Serbios, croatas, bosnios y montenegrinos hablan variedades dialectales del mismo idioma (conocido internacionalmente como serbocroata) pero atrévete tú a decírselo. Las identidades en los Balcanes están forjadas por siglos de disputas por el territorio que los periodos de convivencia (la Yugoslavia de Tito y el reino inmediatamente anterior) no han conseguido borrar. Ni un poquito. Así que tras las independencias y guerras de los 90, cada país ha vivido un repliegue nacionalista que empieza por cómo denominar al idioma que comparte con sus vecinos. O, en el caso de Bosnia, con sus compatriotas. Los serbios sólo usan el alfabeto cirílico, y mientras que croatas y bosníacos sólo usan el latino. No existe una identidad compartida bosnia. Hasta la disolución de Yugoslavia «bosnios» designaba a los habitantes de la República de Bosnia y Herzegovina y nada más. La palabra «bosníaco» (en inglés, bosniak) no se empezó a usar hasta 1993, hasta entonces eran simplemente «musulmanes». La nacionalidad bosnia existe, pero los únicos que se sienten bosnios son los bosníacos. El resto de los bosnios se definen como croatas o como serbios. Y la división étnica es, desde 1995, también una división política.

Sarajevo es una capital bastante pequeña, poco más de un cuarto de millón de habitantes. El centro es fácil de pasear porque es llano, pero a 200 metros a cada lado del Miljacka empiezan las colinas, y pasear por esa zona es, bueno, entretenido para las rodillas, sobre todo si, como es mi caso, sobran muchos kilos por todas partes. Pero el paseo siempre merece la pena. Fui a Bosnia a trabajar, no porque tuviera algo que hacer allí, sino porque los trabajos remotos se llaman así porque pueden hacerse desde cualquier sitio, y gracias a las insondables políticas de Ryanair y al cambio fijo del Marco convertible bosnio con el Euro, vivir una semana en Sarajevo sale casi más barato que quedarse en casa. Así que me establecí una rutina de trabajo que incluía una pausa de un par de horas para comer y pasear por la ciudad, y una visita distinta a un museo o lugar relevante cada tarde al cerrar el portátil.
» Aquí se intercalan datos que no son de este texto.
-- ===== src/Bench/Benchmark.antt =====
-- `trial` of veil-core/scripts/benchmark.py: the throughput of one variant, with the server's CPU time
-- measured by perf.
use project_veil.Prelude.{
  ℕ, List, [], ◌∷◌, ◌++◌, none, some, Text, codes, decimal, runtime_error, false, length, lookup,
  Dict, replicate, ◌-◌,
}
use project_veil.Exec.Calls.{mkdir, open_file, free_port, write_stdin}
use project_veil.Exec.{
  Locals, Exec, pure, lift, ◌>>=◌, ◌>>◌, check, ask, wait_for, gets, modify, for_each, try_finally,
  scoped,
}
use project_veil.Bench.Json.{Json, null, text, num, boolean, dict, get_key, get_or, is_true, update}
use project_veil.Bench.Configurations.{Fixture}
use project_veil.Bench.Processes.{wait_port, launch, start_listed, add_log, stop_all, close_all}
use project_veil.Bench.Perf.{Numbers, line, add_perf, set_counters, command, close_perf, values}
use project_veil.Bench.Peers.{cover_command, aes128, backend_command, configure, cpu, rss}

pub record Job : Type 0 where
  pub root : Text
  pub fixture : Fixture
  pub variant : Text
  pub mode : Text
  pub connections : ℕ
  pub size : ℕ
  pub rounds : ℕ
  pub index : ℕ

pub record Peers : Type 0 where
  pub server : ℕ
  pub client : ℕ
  pub load : ℕ

-- `f"{n:03d}"`
unfoldable pub three_digits : ℕ → Text
three_digits n = let d = decimal n in replicate (3 - length d) 0x30 ++ d

unfoldable pub folder_of : Job → Text
unfolding three_digits
folder_of j =
    j.fixture.folder
    ++ (codes "/"
        ++ (three_digits j.index
            ++ (codes "-" ++ (j.variant ++ (codes "-" ++ (j.mode ++ decimal j.connections))))))

unfoldable pub load_command : Job → ℕ → ℕ → List Text
load_command j cp bp =
    (j.root ++ codes "/.build/benchpeer")
    ∷ codes "-socks"
    ∷ (codes "127.0.0.1:" ++ decimal cp)
    ∷ codes "-target"
    ∷ (codes "127.0.0.1:" ++ decimal bp)
    ∷ codes "-mode"
    ∷ j.mode
    ∷ codes "-connections"
    ∷ decimal j.connections
    ∷ codes "-bytes"
    ∷ decimal j.size
    ∷ codes "-rounds"
    ∷ decimal j.rounds
    ∷ []

unfoldable pub start_peers : Job → Text → ℕ → ℕ → ℕ → ℕ → Exec Peers
unfolding load_command
start_peers j folder coverp backendp sp cp = do
  cover ← launch folder (cover_command j.fixture coverp aes128) (some (codes "16,17")) 2
  wait_port coverp cover
  backend ←
      launch folder (backend_command (j.root ++ codes "/.build/benchpeer") backendp)
        (some (codes "16,17")) 2
  wait_port backendp backend
  (sc, cc) ← configure j.root j.fixture j.variant sp cp coverp
  server ← launch folder sc (some (codes "14")) 1
  wait_port sp server
  client ← launch folder cc (some (codes "22,23,24,25")) 4
  wait_port cp client
  errlog ← ask (open_file (folder ++ codes "/load.log"))
  modify (add_log errlog)
  load ← start_listed (load_command j cp backendp) (some (codes "18,19,20,21")) 4
  pure (record { server = server; client = client; load = load })

-- What the peers used: the row with their memory, the counts of perf, and the CPU seconds of server
-- and client.
pub record Measured : Type 0 where
  pub row : Json
  pub counts : Dict Json
  pub server_cpu : Json
  pub client_cpu : Json

-- `perf = None` drops the counter only after its values are read.
unfoldable pub measure : Numbers → Text → Peers → Exec Measured
measure nums folder p = do
  ready ← line p.load 90
  flag ← lift (get_or (codes "ready") (boolean false) ready)
  check (is_true flag) (runtime_error (codes "load not ready"))
  perf ← add_perf p.server folder
  command perf (codes "enable")
  server_before ← cpu nums p.server
  client_before ← cpu nums p.client
  ask (write_stdin p.load (codes "go\n"))
  row ← line p.load 90
  command perf (codes "disable")
  server_after ← cpu nums p.server
  client_after ← cpu nums p.client
  server_rss ← rss p.server
  client_rss ← rss p.client
  row1 ← lift (
      update
        ((codes "server_rss_bytes", num server_rss)
          ∷ (codes "client_rss_bytes", num client_rss)
          ∷ [])
        row)
  close_perf perf
  counts ← values nums perf
  modify (set_counters [])
  code ← wait_for p.load (some 5)
  pure (record {
    row = row1;
    counts = counts;
    server_cpu = nums.minus server_after server_before;
    client_cpu = nums.minus client_after client_before;
  })

-- `counts.get(name)`
abbrev pub count_or_null : Text → Dict Json → Json
count_or_null name counts = elim (lookup name counts) [ some n ↦ n | none ↦ null ]

-- The rates that the row gets; `2**30` bytes are one GiB.
unfoldable pub add_rates : Numbers → Job → Measured → Exec Json
add_rates nums j m = do
  clock ← lift (get_key (codes "task-clock") (dict m.counts))
  seconds ← lift (nums.divide clock (num 1000))
  bytes ← lift (get_key (codes "bytes") m.row)
  gib ← lift (nums.divide bytes (num 1073741824))
  per_cpu ← lift (nums.divide gib seconds)
  elapsed ← lift (get_key (codes "seconds") m.row)
  per_second ← lift (nums.divide gib elapsed)
  utilization ← lift (nums.divide seconds elapsed)
  lift (
      update
        ((codes "variant", text j.variant)
          ∷ (codes "index", num j.index)
          ∷ (codes "server_cpu_seconds", seconds)
          ∷ (codes "server_process_cpu_seconds", m.server_cpu)
          ∷ (codes "client_process_cpu_seconds", m.client_cpu)
          ∷ (codes "cycles", count_or_null (codes "cycles") m.counts)
          ∷ (codes "instructions", count_or_null (codes "instructions") m.counts)
          ∷ (codes "gib_per_cpu_second", per_cpu)
          ∷ (codes "gib_per_second", per_second)
          ∷ (codes "server_cpu_utilization", utilization)
          ∷ [])
        m.row)

unfoldable pub body : Numbers → Job → Text → ℕ → ℕ → ℕ → ℕ → Exec Json
unfolding start_peers measure add_rates
body nums j folder coverp backendp sp cp = do
  peers ← start_peers j folder coverp backendp sp cp
  measured ← measure nums folder peers
  add_rates nums j measured

-- The `finally` block; `perf` is the one counter there may be.
unfoldable pub cleanup : Locals → Exec (Unit {0})
cleanup l = do for_each l.counters close_perf; stop_all l.procs; close_all l.logs

unfoldable pub trial : Numbers → Job → Exec Json
unfolding folder_of body cleanup
trial nums j = do
  let folder = folder_of j
  ask (mkdir folder)
  coverp ← ask free_port
  backendp ← ask free_port
  sp ← ask free_port
  cp ← ask free_port
  scoped (try_finally (body nums j folder coverp backendp sp cp) (gets (λ l. l) >>= cleanup))
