-- ===== src/Bench/Stack.antt =====
-- Python's `contextlib.ExitStack`, and the `launch` of the trials that use it.
pub mod Laws
use project_veil.Prelude.{
  ℕ, ◌≡◌, Bool, true, false, List, [], ◌∷◌, ◌++◌, Option, none, some, Text, codes, decimal, Error,
  Result, ok, err, length,
}
use mathlib.Core.List.{reverse}
use project_veil.Exec.Calls.{open_file, close, close_tap, rmtree, open_tap, open_group}
use project_veil.Exec.{
  Callback, to_stop, to_close, to_close_tap, to_rmtree, Locals, State, Exec, pure, ◌>>=◌, ◌>>◌, ask,
  start, gets, modify, try_except,
}
use project_veil.Bench.Processes.{stop, spawn, open_log}

unfoldable pub call_back : Callback → Exec (Unit {0})
call_back (to_stop p) = stop p
call_back (to_close h) = ask (close h)
call_back (to_close_tap tap) = ask (close_tap tap)
call_back (to_rmtree path) = try_except (ask (rmtree path)) (λ _. true) (λ _. pure tt)

-- All callbacks run; an exception of one takes the place of the result so far.
unfoldable pub unwind : {A : Type 0} → List Callback → Result A → Exec A
unfolding call_back
unwind [] r s = (r, s)
unwind (c ∷ cs) r s =
    let (r', s') = call_back c s in unwind cs (elim r' [ ok _ ↦ r | err e ↦ err e ]) s'

-- `with ExitStack() as cleanup: m`; the callbacks run from the last to the first.
unfoldable pub exit_stack : {A : Type 0} → Exec A → Exec A
unfolding unwind
exit_stack m s = let (r, s') = m s in unwind (reverse s'.locals.callbacks) r s'

abbrev pub add_callback : Callback → Locals → Locals
add_callback c l = record l { callbacks = l.callbacks ++ c ∷ [] }

unfoldable pub callback : Callback → Exec (Unit {0})
callback c = modify (add_callback c)

abbrev pub add_stopped : ℕ → Locals → Locals
add_stopped p l = record l { procs = l.procs ++ p ∷ []; callbacks = l.callbacks ++ to_stop p ∷ [] }

unfoldable pub start_stopped : List Text → Exec ℕ
start_stopped cmd = do p ← start (spawn cmd none 1); modify (add_stopped p); pure p

-- The function `launch` of the trials with an `ExitStack`.
unfoldable pub launch_stacked : Text → List Text → Exec ℕ
unfolding callback start_stopped
launch_stacked folder cmd = do
  l ← gets (λ l. l)
  log ←
      ask (open_file (folder ++ (codes "/process-" ++ (decimal (length l.procs) ++ codes ".log"))))
  callback (to_close log)
  start_stopped cmd

-- A capture that is closed at the end.
unfoldable pub open_stacked_tap : ℕ → Exec ℕ
unfolding callback
open_stacked_tap port = do tap ← ask (open_tap port); callback (to_close_tap tap); pure tap

unfoldable pub open_stacked_group : ℕ → ℕ → Exec ℕ
unfolding callback
open_stacked_group port delay_ms = do
  tap ← ask (open_group port delay_ms)
  callback (to_close_tap tap)
  pure tap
La primera tarde la dediqué al barrio de Baščaršija, el viejo bazar otomano (que en realidad fue reconstruido en 1857) con sus infinitos puestos de recuerdos y restaurantes, y que también esconde tiendecitas de artesanía local no necesariamente orientada a los abundantes turistas turcos y albaneses. También hay dos mercados cubiertos (Bedestanes o Bezistanes) donde los sarajevitas de todas las confesiones acuden a comprar. En el centro del barrio está la Mezquita del Gazi Husrev-beg, la más conocida de la ciudad, y que admite visitas turísticas. Pero en el barrio hay también una Iglesia Ortodoxa y dos sinagogas, y a cien metros de allí se encuentra la catedral católica, con una estatua de Juan Pablo II en la puerta. Una auténtica encrucijada de culturas.



Desde la línea que marca el límite entre las ciudades nueva y vieja parte la calle Ferhadija, la más comercial de la ciudad, llena de tiendas de moda, heladerías, puestos de zumos y abundancia de LEDs en general. En un rincón aleatorio de la calle, delante de una cafetería, me encuentro una de las Rosas de Sarajevo, memoriales del sitio que marca todavía la el presente de la ciudad. Durante los 44 meses de asedio el ejército de la República Srpska lanzó medio millón de disparos de artillería sobre la capital, una media de casi cuatrocientas bombas al día durante tres años y ocho meses. Cuando impactaban sobre el asfalto o el hormigón, los morterazos dejaban un patrón muy típico, que, rellenado con resina o cera rojas, se asemejaba a una rosa. Hay más de doscientos por toda la ciudad, colocados en los lugares en los que la una explosión mató a tres o más personas.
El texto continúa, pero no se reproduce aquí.